Exercise prompt:
Repeat nothing but the lines below running from the one containing "pub record Request : Type 0 where" to the one containing "status_of no_content = 204". Keep both end lines.

[Dataset entries]
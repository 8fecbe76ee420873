-- ===== src/MetadataCache/Tests.antt =====
-- Runs of internal/service/metadata_cache.go on a small repository.
use chat2sql.Prelude.{
  ◌≡◌, ℕ, refl, true, false, none, some, List, [], ◌∷◌, ◌++◌, codes, Unicode, lookup, insert, keep,
  has_prefix, same_bytes, decimal, if◌then◌else◌, ◌==◌, number_key, text_key,
}
use chat2sql.MetadataCache.State.{
  MetadataCache, SchemaRepository, SchemaMetadata, default_config, new_metadata_cache, start, stop,
  table_key, pattern_key, get_cache_size, is_expired, ok,
}
use chat2sql.MetadataCache.Schemas.{
  get_connection_schemas, fresh_schema, load_schemas, store_schemas, schema_hit, schema_entry,
  schemas_answer, get_connection_schemas_again,
}
use chat2sql.MetadataCache.Tables.{
  get_table_summary, fresh_table, load_table, store_rows, store_table, table_hit,
  build_table_summary, table_entry, prefetch_related_tables,
}
use chat2sql.MetadataCache.Prewarm.{prewarm_cache, prewarm_from}
use chat2sql.MetadataCache.Patterns.{
  get_query_pattern, pattern_hit, pattern_miss, fresh_pattern, find_relevant_tables,
}
use chat2sql.MetadataCache.Upkeep.{invalidate_connection, perform_cleanup}
use chat2sql.MetadataCache.Keys.{table_key-injective, lookup-invalidate_connection}
use chat2sql.MetadataCache.Reads.{
  get_table_summary_again, get_table_summary_collision, summary_of_rows, table_answer,
}
use chat2sql.MetadataCache.Cleanup.{lookup-perform_cleanup, unless}
use chat2sql.MetadataCache.Runs.{
  Call, Moment, step, run, Inv, schemas, table, related, pattern, invalidates, prewarms, starts,
}
use chat2sql.MetadataCache.Invariant.{run-Inv}

abbrev ascii_only : Unicode
ascii_only = record {
  upper = λ s. s;
  lower = λ s. s;
  trim_spaces = λ s. s;
  split_fields = λ s. s ∷ [];
  folds_equal = λ s t. false;
  unprintable = λ s. false;
}

abbrev column : SchemaMetadata
column = record {
  schema_name = codes "public";
  table_name = codes "users";
  table_comment = none;
  column_name = codes "id";
  data_type = codes "bigint";
  is_nullable = false;
  is_primary_key = true;
  is_foreign_key = false;
  foreign_table = none;
  column_comment = none;
}

abbrev repository : SchemaRepository
repository = record {
  list_schemas = λ id. some (codes "public" ∷ []);
  list_tables = λ id schema. some (codes "users" ∷ codes "orders" ∷ []);
  get_table_structure = λ id schema table. some (some column ∷ []);
  get_related_tables = λ id table. some (codes "orders" ∷ []);
}

abbrev broken : SchemaRepository
broken = record {
  list_schemas = λ id. none;
  list_tables = λ id schema. none;
  get_table_structure = λ id schema table. none;
  get_related_tables = λ id table. none;
}

abbrev empty : MetadataCache
empty = new_metadata_cache default_config

program : Unit {0}
unfolding get_connection_schemas fresh_schema load_schemas store_schemas schema_hit
    get_table_summary fresh_table load_table store_rows store_table table_hit build_table_summary
    get_query_pattern pattern_hit pattern_miss fresh_pattern find_relevant_tables
    invalidate_connection perform_cleanup new_metadata_cache prefetch_related_tables start stop
    get_cache_size table_key pattern_key prewarm_cache prewarm_from lookup insert keep has_prefix
    run step schema_entry same_bytes decimal table_entry
program = tt

abbrev calls : List (Moment × Call)
calls =
    (record { repo = repository; now = 0 }, schemas 1)
    ∷ (record { repo = repository; now = 1 }, table 1 (codes "public") (codes "users"))
    ∷ (record { repo = broken; now = 2 }, schemas 1)
    ∷ (record { repo = broken; now = 3 }, schemas 2)
    ∷ (record { repo = repository; now = 4 }, pattern 1 (codes "all users"))
    ∷ (record { repo = repository; now = 5 }, related 1 (codes "public") (codes "users"))
    ∷ (record { repo = repository; now = 6 }, table 1 (codes "public") (codes "users"))
    ∷ (record { repo = broken; now = 7 }, prewarms 1)
    ∷ (record { repo = repository; now = 8 }, starts)
    ∷ (record { repo = repository; now = 9 }, invalidates 1)
    ∷ []

abbrev ran : MetadataCache
ran = run ascii_only (λ ts. ts) empty calls

counters :
    (ran.stats.total_queries ≡ 6)
    × (ran.stats.schema_hits ≡ 2)
    × (ran.stats.schema_misses ≡ 2)
    × (ran.stats.table_hits ≡ 1)
    × (ran.stats.table_misses ≡ 1)
    × (get_cache_size ran ≡ 0)
unfolding program
counters = (refl, refl, refl, refl, refl, refl)

suggestion :
    (get_query_pattern ascii_only
      (λ ts. ts)
      1
      1
      (codes "show Users")
      (get_connection_schemas repository 0 1 empty).0).1.relevant_tables
    ≡ codes "users" ∷ []
unfolding program
suggestion = refl

run-Inv_example : Inv (run ascii_only (λ ts. ts) (new_metadata_cache default_config) calls)
run-Inv_example = run-Inv ascii_only (λ ts. ts) default_config calls

no_schema : fresh_schema empty 3 1 ≡ none
unfolding program
no_schema = refl

get_connection_schemas_again_example :
    (get_connection_schemas broken 9 1 (get_connection_schemas repository 3 1 empty).0).1 ≡ (
      if is_expired 9 3 empty.default_ttl
      then schemas_answer broken 1
      else ok (codes "public" ∷ []))
get_connection_schemas_again_example =
    get_connection_schemas_again repository broken 3 9 1 empty (codes "public" ∷ []) no_schema refl

no_table : fresh_table empty 3 (table_key 1 (codes "public") (codes "users")) ≡ none
unfolding program
no_table = refl

no_table_in : fresh_table empty 3 (table_key 1 (codes "a" ++ b':' ∷ codes "b") (codes "c")) ≡ none
unfolding program
no_table_in = refl

within_ttl : is_expired 9 3 empty.default_ttl ≡ false
unfolding program
within_ttl = refl

get_table_summary_again_example :
    (get_table_summary broken 9 1
      (codes "public")
      (codes "users")
      (get_table_summary repository 3 1 (codes "public") (codes "users") empty).0).1
    ≡ (if is_expired 9 3 empty.default_ttl
        then table_answer broken 1 (codes "public") (codes "users")
        else ok (summary_of_rows (some column ∷ [])))
get_table_summary_again_example =
    get_table_summary_again repository broken 3 9 1 (codes "public") (codes "users") empty
      (some column) [] no_table refl

get_table_summary_collision_example :
    (get_table_summary broken 9 1
      (codes "a")
      (codes "b" ++ b':' ∷ codes "c")
      (get_table_summary repository 3 1 (codes "a" ++ b':' ∷ codes "b") (codes "c") empty).0).1
    ≡ ok (summary_of_rows (some column ∷ []))
get_table_summary_collision_example =
    get_table_summary_collision repository broken 3 9 1 (codes "a") (codes "b") (codes "c") empty
      (some column) [] no_table_in refl within_ttl

abbrev filled : MetadataCache
filled =
    (get_query_pattern ascii_only (λ ts. ts) 2 1 (codes "all users")
      (get_table_summary repository 1 1 (codes "public") (codes "users")
        (get_connection_schemas repository 0 1 empty).0).0).0

lookup-invalidate_connection_example :
    let mc' = invalidate_connection 1 filled in
    (lookup 1 mc'.connection_schemas
      ≡ (if 1 == 1 then none else lookup 1 filled.connection_schemas))
    × (lookup (table_key 1 (codes "public") (codes "users")) mc'.table_summaries ≡ (
        if 1 == 1
        then none
        else lookup (table_key 1 (codes "public") (codes "users")) filled.table_summaries))
    × (lookup (pattern_key 1 (codes "all users")) mc'.query_patterns ≡ (
        if 1 == 1 then none else lookup (pattern_key 1 (codes "all users")) filled.query_patterns))
lookup-invalidate_connection_example =
    lookup-invalidate_connection 1 1 (codes "public") (codes "users") (codes "all users") filled

abbrev filling : List (Moment × Call)
filling =
    (record { repo = repository; now = 0 }, schemas 1)
    ∷ (record { repo = repository; now = 1 }, table 1 (codes "public") (codes "users"))
    ∷ []

abbrev two_entries : MetadataCache
two_entries = run ascii_only (λ ts. ts) (new_metadata_cache default_config) filling

two_entries-Inv : Inv two_entries
two_entries-Inv = run-Inv ascii_only (λ ts. ts) default_config filling

abbrev later : ℕ
later = 1_800_000_000_001

lookup-perform_cleanup_example :
    let key = table_key 1 (codes "public") (codes "users") in
    let mc' = perform_cleanup later two_entries in
    (lookup 1 mc'.connection_schemas
      ≡ unless
          (λ v. is_expired later v.last_updated v.ttl)
          (lookup 1 two_entries.connection_schemas))
    × (lookup key mc'.table_summaries
        ≡ unless
            (λ v. is_expired later v.last_updated v.ttl)
            (lookup key two_entries.table_summaries))
    × (lookup [] mc'.query_patterns
        ≡ unless
            (λ v. is_expired later v.last_updated v.ttl)
            (lookup [] two_entries.query_patterns))
lookup-perform_cleanup_example =
    lookup-perform_cleanup later 1 (table_key 1 (codes "public") (codes "users")) [] two_entries
      two_entries-Inv.distinct_schemas two_entries-Inv.distinct_tables
      two_entries-Inv.distinct_patterns

abbrev seven : ℕ
seven = 7

table_key-injective_example :
    (seven ≡ seven) × (codes "public" ≡ codes "public") × (codes "users" ≡ codes "users")
table_key-injective_example =
    table_key-injective seven seven (codes "public") (codes "public") (codes "users")
      (codes "users") refl refl refl
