-- ===== src/Middleware.antt =====
-- internal/middleware: what runs before the handlers of a request.
pub mod Context
pub mod Guard
pub mod Roles
pub mod Limits
pub mod Metrics
pub mod Headers
pub mod Access
pub mod Buckets
pub mod Windows
mod Tests
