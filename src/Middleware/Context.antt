-- ===== src/Middleware/Context.antt =====
-- internal/middleware: a request, what the middleware keeps of it for the handlers, and how it answers.
use chat2sql.Prelude.{Bool, Option, none, List, [], ◌∷◌, Bytes, ℤ, ℕ}
use chat2sql.Auth.Claims.{Claims, AuthError}

-- A header that is not there is an empty text.
pub record Request : Type 0 where
  pub method : Bytes
  pub path : Bytes
  pub authorization : Bytes
  pub x_user_id : Bytes
  pub x_request_id : Bytes
  pub origin : Bytes
  pub client_ip : Bytes
  pub tls : Bool

-- The values of `c.Set`, and the calls of `c.Header`, the newest first.
pub record Context : Type 0 where
  pub user_id : Option ℤ
  pub username : Option Bytes
  pub user_role : Option Bytes
  pub jwt_claims : Option Claims
  pub request_id : Option Bytes
  pub headers : List (Bytes × Bytes)

abbrev pub empty_context : Context
empty_context = record {
  user_id = none;
  username = none;
  user_role = none;
  jwt_claims = none;
  request_id = none;
  headers = [];
}

abbrev pub set_header : Bytes → Bytes → Context → Context
set_header k v ctx = record ctx { headers = (k, v) ∷ ctx.headers }

pub data Refusal : Type 0 where
  missing_auth_header token_revoked missing_role insufficient_permissions rate_limit_exceeded :
      Refusal
  no_content : Refusal
  invalid_token : AuthError → Refusal

-- `c.Next`, or `c.Abort` after an answer.
pub data Answer : Type 0 where
  next : Context → Answer
  abort : Refusal → Context → Answer

-- The HTTP status of each answer that ends a request.
unfoldable pub status_of : Refusal → ℕ
status_of missing_auth_header = 401
status_of (invalid_token e) = 401
status_of token_revoked = 401
status_of missing_role = 401
status_of insufficient_permissions = 403
status_of rate_limit_exceeded = 429
status_of no_content = 204

-- One middleware after another.
abbrev pub then_run : Answer → (Context → Answer) → Answer
then_run (next ctx) f = f ctx
then_run (abort r ctx) f = abort r ctx
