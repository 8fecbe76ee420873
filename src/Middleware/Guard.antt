-- ===== src/Middleware/Guard.antt =====
-- internal/middleware/auth.go: `JWTAuth` and `OptionalAuth`.
use chat2sql.Prelude.{ℕ, ◌*◌, true, false, some, codes, ok, err, if◌then◌else◌, is_empty}
use chat2sql.Auth.Claims.{Claims, second}
use chat2sql.Auth.Library.{Jwt, Redis}
use chat2sql.Auth.Tokens.{JwtService, validate_token_from_request, is_token_expiring_soon}
use chat2sql.Auth.Revocation.{is_token_revoked}
use chat2sql.Middleware.Context.{
  Request, Context, set_header, Answer, next, abort, missing_auth_header, invalid_token,
  token_revoked,
}

-- The readings of the clock, in their order.
pub record Readings : Type 0 where
  pub validated : ℕ
  pub looked_up : ℕ
  pub finished : ℕ

unfoldable pub with_claims : Claims → Context → Context
with_claims c ctx = record ctx {
  user_id = some c.user_id;
  username = some c.username;
  user_role = some c.role;
  jwt_claims = some c;
}

-- What follows the two checks.
unfoldable pub admit : ℕ → Claims → Context → Answer
unfolding with_claims
admit now c ctx =
    let told : Context =
      if is_token_expiring_soon now c (300 * second)
      then set_header (codes "X-Token-Expiring") (codes "true") ctx
      else ctx in
    next (with_claims c told)

module _ (J : Jwt) (R : Redis) where
  -- The blacklist is asked about the whole header; an error of it is logged, and the request goes on.
  unfoldable pub jwt_auth : JwtService J → Readings → Request → R.Store → Context → Answer
  jwt_auth j t request store ctx =
      if is_empty request.authorization
      then abort missing_auth_header ctx
      else elim (validate_token_from_request J j t.validated request.authorization) [
        | err e ↦ abort (invalid_token e) ctx
        | ok c ↦ elim (is_token_revoked J R j t.looked_up request.authorization store) [
          | err e ↦ admit t.finished c ctx
          | ok true ↦ abort token_revoked ctx
          | ok false ↦ admit t.finished c ctx
        ]
      ]

  -- A token that is refused does not end the request.
  unfoldable pub optional_auth : JwtService J → ℕ → Request → Context → Answer
  optional_auth j now request ctx =
      if is_empty request.authorization
      then next ctx
      else elim (validate_token_from_request J j now request.authorization) [
        | err e ↦ next ctx
        | ok c ↦ next (with_claims c ctx)
      ]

Solved problem:
pub record Request : Type 0 where
  pub method : Bytes
  pub path : Bytes
  pub authorization : Bytes
  pub x_user_id : Bytes
  pub x_request_id : Bytes
  pub origin : Bytes
  pub client_ip : Bytes
  pub tls : Bool

-- The values of `c.Set`, and the calls of `c.Header`, the newest first.
pub record Context : Type 0 where
  pub user_id : Option ℤ
  pub username : Option Bytes
  pub user_role : Option Bytes
  pub jwt_claims : Option Claims
  pub request_id : Option Bytes
  pub headers : List (Bytes × Bytes)

abbrev pub empty_context : Context
empty_context = record {
  user_id = none;
  username = none;
  user_role = none;
  jwt_claims = none;
  request_id = none;
  headers = [];
}

abbrev pub set_header : Bytes → Bytes → Context → Context
set_header k v ctx = record ctx { headers = (k, v) ∷ ctx.headers }

pub data Refusal : Type 0 where
  missing_auth_header token_revoked missing_role insufficient_permissions rate_limit_exceeded :
      Refusal
  no_content : Refusal
  invalid_token : AuthError → Refusal

-- `c.Next`, or `c.Abort` after an answer.
pub data Answer : Type 0 where
  next : Context → Answer
  abort : Refusal → Context → Answer

-- The HTTP status of each answer that ends a request.
unfoldable pub status_of : Refusal → ℕ
status_of missing_auth_header = 401
status_of (invalid_token e) = 401
status_of token_revoked = 401
status_of missing_role = 401
status_of insufficient_permissions = 403
status_of rate_limit_exceeded = 429
status_of no_content = 204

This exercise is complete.